Сочувствую тебе, любезный читатель! твоей самоотверженной снисходительности, с коей ты, уважаемый, претерпеваешь окружающую тебя со всех сторон реальность и внимаешь оскверняющим слух и отрицательно влияющим на зрение современным текстам, каковые последние имеют своей сутью лишь отражение всеобщего паскудства.
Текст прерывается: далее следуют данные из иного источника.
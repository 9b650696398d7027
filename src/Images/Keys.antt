-- ===== src/Images/Keys.antt =====
-- Whose key is it (app/services/image_keys.py): the pattern of a key, the partition of a form's keys,
-- and the keys of thumbnails.
use broadcaster.Prelude.{
  ℕ, zero, suc, Bool, true, false, not, ◌&&◌, ◌||◌, Option, none, some, List, [], ◌∷◌, ◌++◌, length,
  leb, ltb, ◌==◌, if◌then◌else◌,
}
use broadcaster.Prelude.Decimal.{codes, str}
use broadcaster.Accounts.Resync.{Text, same, take}

abbrev pub is_digit : ℕ → Bool
is_digit c = leb b'0' c && leb c b'9'

-- `[0-9a-f]`
abbrev pub is_hex : ℕ → Bool
is_hex c = is_digit c || (leb b'a' c && leb c b'f')

-- `[A-Za-z0-9._-]`
abbrev pub is_safe : ℕ → Bool
is_safe c =
    (leb b'A' c && leb c b'Z')
    || ((leb b'a' c && leb c b'z') || (is_digit c || ((c == b'.') || ((c == b'_') || (c == b'-')))))

unfoldable pub all_of : (ℕ → Bool) → Text → Bool
all_of p [] = true
all_of p (c ∷ cs) = p c && all_of p cs

-- `text[n:]`
unfoldable pub drop : ℕ → Text → Text
drop zero t = t
drop (suc n) [] = []
drop (suc n) (c ∷ cs) = drop n cs

-- The digits at the start of a text, and what follows them.
unfoldable pub span : Text → Text × Text
span [] = ([], [])
span (c ∷ cs) = let (ds, rest) = span cs in if is_digit c then (c ∷ ds, rest) else ([], c ∷ cs)

-- `_[A-Za-z0-9._-]{1,100}` to the end
abbrev pub is_name : Text → Bool
is_name [] = false
is_name (c ∷ name) =
    (c == b'_') && (all_of is_safe name && (leb 1 (length name) && leb (length name) 100))

-- `/[0-9a-f]{32}` and the name
abbrev pub is_tail : Text → Bool
is_tail [] = false
is_tail (c ∷ t) =
    (c == b'/')
    && (all_of is_hex (take 32 t) && ((length (take 32 t) == 32) && is_name (drop 32 t)))

-- `[1-9][0-9]*`
abbrev pub is_number : Text → Bool
is_number [] = false
is_number (c ∷ cs) = not (c == b'0')

-- `_IMAGE_KEY_PATTERN.fullmatch(value)`, as its first group.
unfoldable pub full_match : Text → Option Text
full_match value =
    let (ds, rest) = span value in if is_number ds && is_tail rest then some ds else none

abbrev pub is_group_of : ℕ → Option Text → Bool
is_group_of user_id none = false
is_group_of user_id (some group) = same group (str user_id)

-- Whether the key is one of the user.
unfoldable pub is_own : ℕ → Text → Bool
is_own user_id value = is_group_of user_id (full_match value)

unfoldable pub partition_own_image_keys : List Text → ℕ → List Text × List Text
partition_own_image_keys [] user_id = ([], [])
partition_own_image_keys (value ∷ values) user_id =
    let (own, offending) = partition_own_image_keys values user_id in
    if is_own user_id value then (value ∷ own, offending) else (own, value ∷ offending)

-- The two refusals, both of code 400.
pub data OwnKeys : Type 0 where
  own_keys : List Text → OwnKeys
  too_many inaccessible : OwnKeys

abbrev pub judge : List Text × List Text → OwnKeys
judge (own, []) = own_keys own
judge (own, value ∷ values) = inaccessible

unfoldable pub own_image_keys : List Text → ℕ → ℕ → OwnKeys
own_image_keys values user_id max_images =
    if ltb max_images (length values)
    then too_many
    else judge (partition_own_image_keys values user_id)

abbrev pub thumb_key_prefix : Text
thumb_key_prefix = codes "thumbs/"

unfoldable pub starts_with : Text → Text → Bool
starts_with [] t = true
starts_with (c ∷ cs) [] = false
starts_with (c ∷ cs) (d ∷ ds) = (c == d) && starts_with cs ds

unfoldable pub thumb_key : Text → Text
thumb_key [] = []
thumb_key (c ∷ cs) =
    if starts_with thumb_key_prefix (c ∷ cs) then c ∷ cs else thumb_key_prefix ++ c ∷ cs
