-- ===== src/Images/Upload.antt =====
-- The key that an upload is stored under (app/services/image_upload.py). The token is `uuid4().hex`,
-- and the extension is that of the format in which the image was stored; both come from outside.
use broadcaster.Prelude.{
  ℕ, ◌+◌, ◌-◌, Bool, false, ◌||◌, ◌&&◌, Option, none, some, List, [], ◌∷◌, ◌++◌, length, map, leb,
  ◌==◌, if◌then◌else◌,
}
use broadcaster.Prelude.Decimal.{codes, str}
use broadcaster.Accounts.Resync.{Text, same, take}
use broadcaster.Images.Keys.{is_safe, drop}

abbrev pub max_filename_length : ℕ
max_filename_length = 100

abbrev pub fallback_filename : Text
fallback_filename = codes "upload"

-- `[\\/]`
abbrev pub is_separator : ℕ → Bool
is_separator c = (c == 92) || (c == b'/')

unfoldable pub has_separator : Text → Bool
has_separator [] = false
has_separator (c ∷ cs) = is_separator c || has_separator cs

-- `_PATH_SEPARATORS.split(filename)[-1]`
unfoldable pub last_segment : Text → Text
last_segment [] = []
last_segment (c ∷ cs) =
    let rest = last_segment cs in
    if has_separator cs then rest else if is_separator c then cs else c ∷ cs

abbrev pub or_fallback : Text → Text
or_fallback [] = fallback_filename
or_fallback (c ∷ cs) = c ∷ cs

abbrev pub clean : ℕ → ℕ
clean c = if is_safe c then c else b'_'

abbrev pub safe_text : Text → Text
safe_text [] = fallback_filename
safe_text (c ∷ cs) = or_fallback (take max_filename_length (map clean (last_segment (c ∷ cs))))

unfoldable pub safe_filename : Option Text → Text
safe_filename none = fallback_filename
safe_filename (some filename) = safe_text filename

-- `filename.lower()`, on the letters that a safe name has.
abbrev pub lower : ℕ → ℕ
lower c = if leb b'A' c && leb c b'Z' then c + 32 else c

-- `t.endswith(suffix)`
abbrev pub ends_with : Text → Text → Bool
ends_with suffix t =
    leb (length suffix) (length t) && same (drop (length t - length suffix) t) suffix

abbrev pub known_image_extensions : List Text
known_image_extensions = codes ".jpeg" ∷ codes ".jpg" ∷ codes ".png" ∷ []

-- The loop over the known extensions, up to the first that ends the name.
unfoldable pub strip_extension : List Text → Text → Text
strip_extension [] filename = filename
strip_extension (known ∷ others) filename =
    let rest = strip_extension others filename in
    if ends_with known (map lower filename)
    then take (length filename - length known) filename
    else rest

unfoldable pub retarget_extension : Text → Text → Text
retarget_extension filename extension =
    or_fallback (
      take (max_filename_length - length extension)
        (strip_extension known_image_extensions filename))
    ++ extension

-- `f"{user_id}/{uuid4().hex}_{filename}"`
unfoldable pub upload_key : ℕ → Text → Option Text → Text → Text
upload_key user_id token filename extension =
    str user_id ++ (b'/' ∷ token ++ (b'_' ∷ retarget_extension (safe_filename filename) extension))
Ведь что есть Интернет вообще и сетевая литература в очень большой частности? — слепок порнографии бытия, дрянь, срань и фекалии…
Тяжко, безумно тяжко не то что писать, а даже помыслить о состоянии нонешнего литературного, извиняюсь за выражение, процесса, когда девственность цветного экрана сплошь и рядом насилуется низменными фиоритурами типа, скажем, «задница» или «хрен моржовый»… Эх! да что там говорить!.. Автор и сам бы не прочь отрешиться от мирской гнусности и переместиться в некую теоретическую страну, где жизнь прекрасна и удивительна, и произрастают всяческие розы. Хорошо бы эдак прошвырнуться босиком по росе, наломать роз нашармака, пивка уконтрапупить…
О чём то бишь я?.. Ах, да! — эдем. Ночной эфир струит зефир. Утомлённое солнце нежно с морем прощалось. Южный Крест. Белый рояль. О, закрой мои бледные ноги! Кто-то стреляется на дуэли. Кто-то менестрелит на свирели. Кто-то пьёт аи. Ты когда-нибудь пил аи, читатель? То-то же…
И дни там сплошь выходные, и мОря пенные валы штурмуют дикие скалЫ, и полонезятся балы, и ждёт меня дочь короля, и шик, и блеск, и тру-ля-ля!..
А люди там, дорогой читатель, совершенно особенные, не похожие на нас с тобой и нам подобную сволочь.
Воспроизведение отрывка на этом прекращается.